With that in mind, Eye on Hockey introduces our summer series: "Core Values." We'll take the rest of summer to evaluate the group of five to seven players who make up the core of each team. Using criteria like point production, average age, how the players were acquired, total cost and cap hit, we'll detail which teams have the strongest cores and which need work. On top of that, we'll also gaze into the future to look at the players who could one day be part of this crucial group for each team.

The Columbus Blue Jackets have ridden a wave of optimism the franchise has not been often accustomed to. Having made the playoffs for just the second time in franchise history, winning two games against the Pittsburgh Penguins in the opening-round series was viewed as a step forward for the organization. Now it’s time to take another step.

Since John Davidson has taken over as the club’s president, the changes have come in all facets. Adding Jarmo Kekalainen as GM has proven to be a fruitful maneuver paying off both at the draft, in trades and in free agency. His measured approach has helped chart a new path for this organization and the results have been near immediate.

The club actually has some building blocks in place to be a long-term competitive franchise. It starts with goaltender Sergei Bobrovsky and trickles down through the rest of the lineup. The Blue Jackets are in such a different place as an organization than they were three years ago.

Now they’ll be expected to not only make it to the playoffs, but at least get out of the first round. It’s not going to be easy as there’s still plenty of work to be done on the roster, but it’s not the laughable thought it used to be.

Core Values: Columbus Blue Jackets

Players (Age, term remaining on contract): G Sergei Bobrovsky (25, 1 year), C Ryan Johansen (22, RFA), C Brandon Dubinsky (28, 7 years), RW Nathan Horton (29, 6 years), D Jack Johnson (27, 4 years), D Ryan Murray (20, 2 years), LW Scott Hartnell (32, 5 years)

Total cap hit in 2014-15^: $29,876,310 (43% of salary cap consumed by six players)
^ - Includes conservative estimate of $4.75 million for Ryan Johansen next season

Average age:  25.2

Total point production in 2013-14#: 62 goals, 123 assists, 185 points (30.4% of team’s total production)
#-Does not include Scott Hartnell’s 20-32—52 line from the Flyers last year

Columbus Blue Jackets Player Usage Chart via*:

*Circle size represents time on ice, shade of circle represents possession (5v5 Corsi For percentage -- total shot attempts for relative to total shot attempts against).
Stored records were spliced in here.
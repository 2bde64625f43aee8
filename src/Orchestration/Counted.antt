-- ===== src/Orchestration/Counted.antt =====
-- What the guard of a run counts (`_RunGuard` of backend/app/services/agents/orchestrator_service.py).
use gummy_os.Common.{
  ℕ, ◌+◌, ◌≤◌, ◌≡◌, refl, sym, ap, ◌∙◌, String, Text, Bool, Bool-cases, true, false, ◌==◌, ltb,
  List, [], ◌∷◌, length, length-append, length-update, if◌then◌else◌, inl, inr, arith, Result,
  Result-cases, ok, err, ok-injective,
}
use gummy_os.Routing.{RouteStep}
use gummy_os.Orchestration.{Trace, AgentResult, AgentTask, Scratch}
use gummy_os.Orchestration.Recorder.{
  add_cost, finish_step, append_step, append_message, open_step, close_step_success,
  close_step_failure,
}
use gummy_os.Orchestration.Steps.{
  RunGuard, check_before_dispatch, record_result, Results, Branch, Gathered, branch_tasks,
  begin_step, fail_step, pass_step, close_step, run_step, open_branches, close_branches,
  run_parallel, run_sequential, agent_max_run_steps,
}
use gummy_os.Orchestration.Handoff.{terminal_scratch}
use gummy_os.Orchestration.Terminal.{Calls, run_terminal}
use gummy_os.Orchestration.Turn.{execute_branches, execute_steps, new_guard}

-- The guard lets no dispatch through that would pass the cap.
check_before_dispatch-room :
    (n : ℕ) (guard : RunGuard) (checked : Unit {0})
    → check_before_dispatch n guard ≡ ok checked
    → guard.steps + n ≤ 8
unfolding check_before_dispatch
check_before_dispatch-room n guard checked h =
    elim (Bool-cases (ltb agent_max_run_steps (guard.steps + n))) [
      | inl over ↦ absurd (let refused = rw over at h in cc)
      | inr room ↦ ground arith
    ]

module _ {L : Type 0} (run_id : ℕ) where
  begin_step-length :
      (key : String) (t : Trace L) → length (begin_step run_id key t).1.steps ≡ length t.steps + 1
  unfolding begin_step open_step append_step append_message
  begin_step-length key t = length-append t.steps _

  close_step-length :
      (key : String) (id : ℕ) (outcome : Result Text AgentResult) (t : Trace L)
      → length (close_step run_id key id outcome t).steps ≡ length t.steps
  unfolding close_step fail_step pass_step close_step_success close_step_failure append_message
      add_cost finish_step
  close_step-length key id (err e) t = length-update (λ s. s.id == id) _ t.steps
  close_step-length key id (ok result) t = length-update (λ s. s.id == id) _ t.steps

  -- The guard counts the steps of a run that goes on.
  record IsCounted (base : ℕ) (r : Result Text (Results × RunGuard) × Trace L) : Type 0 where
    few : length r.1.steps ≤ base + 8
    exact :
        (results : Results) (guard : RunGuard)
        → r.0 ≡ ok (results, guard)
        → length r.1.steps ≡ base + guard.steps

  module _ (dispatch : AgentTask → L → Result Text AgentResult × L) (message : Text) where
    run_step-length :
        (s : RouteStep) (scratch : List Scratch) (t : Trace L)
        → length (run_step dispatch run_id message s scratch t).1.steps ≡ length t.steps + 1
    unfolding run_step
    run_step-length s scratch t =
        close_step-length s.agent_key _ _ _ ∙ begin_step-length s.agent_key t

    run_sequential-IsCounted :
        (base : ℕ) (steps : List RouteStep) (scratch : List Scratch) (results : Results)
        (guard : RunGuard) (t : Trace L)
        → length t.steps ≡ base + guard.steps
        → guard.steps ≤ 8
        → IsCounted base (run_sequential dispatch run_id message steps scratch results guard t)
    unfolding run_sequential
    run_sequential-IsCounted base [] scratch results guard t counted room = record {
      few = omega arith;
      exact = λ results' guard' same.
          (let g : guard ≡ guard' = ap (λ p. p.1) (ok-injective same) in rw (sym g) counted);
    }
    run_sequential-IsCounted base (s ∷ rest) scratch results guard t counted room =
        elim (Result-cases (check_before_dispatch 1 guard)) [
          | inr (e, halted) ↦
              rw (run_sequential, halted)
                record { few = omega arith; exact = λ results' guard' same. absurd cc }
          | inl (checked, passed) ↦
              let ran = run_step dispatch run_id message s scratch t in
              let longer : length ran.1.steps ≡ length t.steps + 1 = run_step-length s scratch t in
              let fits = check_before_dispatch-room 1 guard checked passed in
              elim (Result-cases ran.0) [
                | inr (e, failed) ↦
                    rw (run_sequential, passed, failed)
                      record { few = omega arith; exact = λ results' guard' same. absurd cc }
                | inl (result, made) ↦
                    rw (run_sequential, passed, made)
                      (run_sequential-IsCounted base rest _ _ (record_result result guard) ran.1
                        (unfold record_result in omega arith) (unfold record_result in omega arith))
              ]
        ]

  open_branches-length :
      (message : Text) (steps : List RouteStep) (t : Trace L)
      → length (open_branches run_id message steps t).1.steps ≡ length t.steps + length steps
  unfolding open_branches
  open_branches-length message [] t = omega arith
  open_branches-length message (s ∷ rest) t =
      let opened = (begin_step run_id s.agent_key t).1 in
      let here : length opened.steps ≡ length t.steps + 1 = begin_step-length s.agent_key t in
      let there : length (open_branches run_id message rest opened).1.steps
          ≡ length opened.steps + length rest =
        open_branches-length message rest opened in
      there ∙ omega arith

  close_branches-length :
      (branches : List Branch) (outcomes : List (Result Text AgentResult)) (g : Gathered)
      (t : Trace L)
      → length (close_branches run_id branches outcomes g t).1.steps ≡ length t.steps
  unfolding close_branches
  close_branches-length [] [] g t = refl
  close_branches-length [] (o ∷ more) g t = refl
  close_branches-length (b ∷ rest) [] g t = refl
  close_branches-length (b ∷ rest) (outcome ∷ more) g t =
      close_branches-length rest more _ _ ∙ close_step-length b.agent_key b.step_id outcome t

  run_parallel-few :
      (gather : List AgentTask → L → List (Result Text AgentResult) × L) (message : Text)
      (steps : List RouteStep) (t : Trace L)
      → length (run_parallel gather run_id message steps new_guard t).1.steps ≤ length t.steps + 8
  unfolding run_parallel
  run_parallel-few gather message steps t =
      let opened = open_branches run_id message steps t in
      let gathered = gather (branch_tasks run_id opened.0) opened.1.handlers in
      let begun : Gathered = record { guard = new_guard; results = []; failures = [] } in
      let closed =
        close_branches run_id opened.0 gathered.0 begun record opened.1 { handlers = gathered.1 } in
      let kept : length closed.1.steps ≡ length t.steps + length steps =
        close_branches-length opened.0 gathered.0 begun _ ∙ open_branches-length message steps t in
      elim (Result-cases (check_before_dispatch (length steps) new_guard)) [
        | inr (e, halted) ↦ rw (run_parallel, halted) (omega arith)
        | inl (checked, passed) ↦
            let room : length steps ≤ 8 =
              omega (arith, check_before_dispatch-room (length steps) new_guard checked passed) in
            let fits : length closed.1.steps ≤ length t.steps + 8 = omega arith in
            elim (Result-cases closed.0) [
              | inr (e, raised) ↦ rw (run_parallel, passed, raised) fits
              | inl (g, made) ↦ rw (run_parallel, passed, made) fits
            ]
      ]

  module _ {P : Type 0} (calls : Calls L P) (message : Text) where
    run_terminal-few :
        (base : ℕ) (s : RouteStep) (scratch : List Scratch) (guard : RunGuard) (t : Trace L)
        → length t.steps ≡ base + guard.steps
        → length t.steps ≤ base + 8
        → length (run_terminal calls run_id message s scratch guard t).1.steps ≤ base + 8
    unfolding run_terminal
    run_terminal-few base s scratch guard t counted few =
        elim (Result-cases (check_before_dispatch 1 guard)) [
          | inr (e, halted) ↦ rw (run_terminal, halted) few
          | inl (checked, passed) ↦
              let fits = check_before_dispatch-room 1 guard checked passed in
              rw (run_terminal, passed)
                (rw (close_step-length s.agent_key t.next_id _ _, begin_step-length s.agent_key t)
                  (omega arith))
        ]

    execute_steps-few :
        (stream : Bool) (head : List RouteStep) (last : RouteStep) (t : Trace L)
        → length (execute_steps calls stream run_id message head last t).1.steps
          ≤ length t.steps + 8
    unfolding execute_steps
    execute_steps-few stream head last t =
        let first = run_sequential calls.dispatch run_id message head [] [] new_guard t in
        let counted : IsCounted (length t.steps) first =
          run_sequential-IsCounted calls.dispatch message (length t.steps) head [] [] new_guard t
            (omega arith) (omega arith) in
        elim (Result-cases first.0) [
          | inr (e, failed) ↦ rw (execute_steps, failed) counted.few
          | inl ((results, guard), made) ↦
              let after =
                run_terminal-few (length t.steps) last (terminal_scratch results) guard first.1
                  (counted.exact results guard made) counted.few in
              elim (Result-cases
                (run_terminal calls run_id message last (terminal_scratch results) guard
                  first.1).0.1) [
                    | inr (e, failed) ↦ rw (execute_steps, made, failed) after
                    | inl (result, answered) ↦ rw (execute_steps, made, answered) after
                  ]
        ]

    execute_branches-few :
        (stream : Bool) (selected : String) (steps : List RouteStep) (t : Trace L)
        → length (execute_branches calls stream run_id message selected steps t).1.steps
          ≤ length t.steps + 8
    unfolding execute_branches
    execute_branches-few stream selected steps t =
        let few = run_parallel-few calls.gather message steps t in
        elim (Result-cases (run_parallel calls.gather run_id message steps new_guard t).0) [
          | inr (e, failed) ↦ rw (execute_branches, failed) few
          | inl (g, made) ↦ rw (execute_branches, made) few
        ]

    pub execute-few :
        (stream parallel : Bool) (steps head : List RouteStep) (last : RouteStep) (t : Trace L)
        → length
            (if parallel
              then execute_branches calls stream run_id message last.agent_key steps t
              else execute_steps calls stream run_id message head last t).1.steps
          ≤ length t.steps + 8
    execute-few stream true steps head last t = execute_branches-few stream last.agent_key steps t
    execute-few stream false steps head last t = execute_steps-few stream head last t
Blue represents CF percentage of 50 or better. Red represents below 50 percent. The darker the shade, the further away from 50 percent.

About the Core

Sergei Bobrovsky: When you look at how the Blue Jackets franchise has changed over the last two seasons, it pretty much begins and ends with the play of Bobrovski. After posting a sparkling .932 save percentage, 2.00 goals against average and four shutouts in 2012-13, he won the Vezina Trophy. The Blue Jackets just missed the playoffs that year. His numbers dipped slightly in 2013-14, but he still posted a solid .923 save percentage and 2.38 goals-against average. The Jackets made the playoffs and Bobrovsky did his best under a bombardment of shots. In the end, it wasn’t enough, but it was  a step in the right direction for the franchise. Bobrovsky will be playing on the last year of his contract this year and is destined for a long-term contract. At just 25 years old, there seems to be a lot of good years ahead of the Russian netminder. And as the Blue Jackets continually get better around him, the results should, too. How he was acquired: Traded from the Philadelphia Flyers for a second and two fourth-round draft choices on June 22, 2012.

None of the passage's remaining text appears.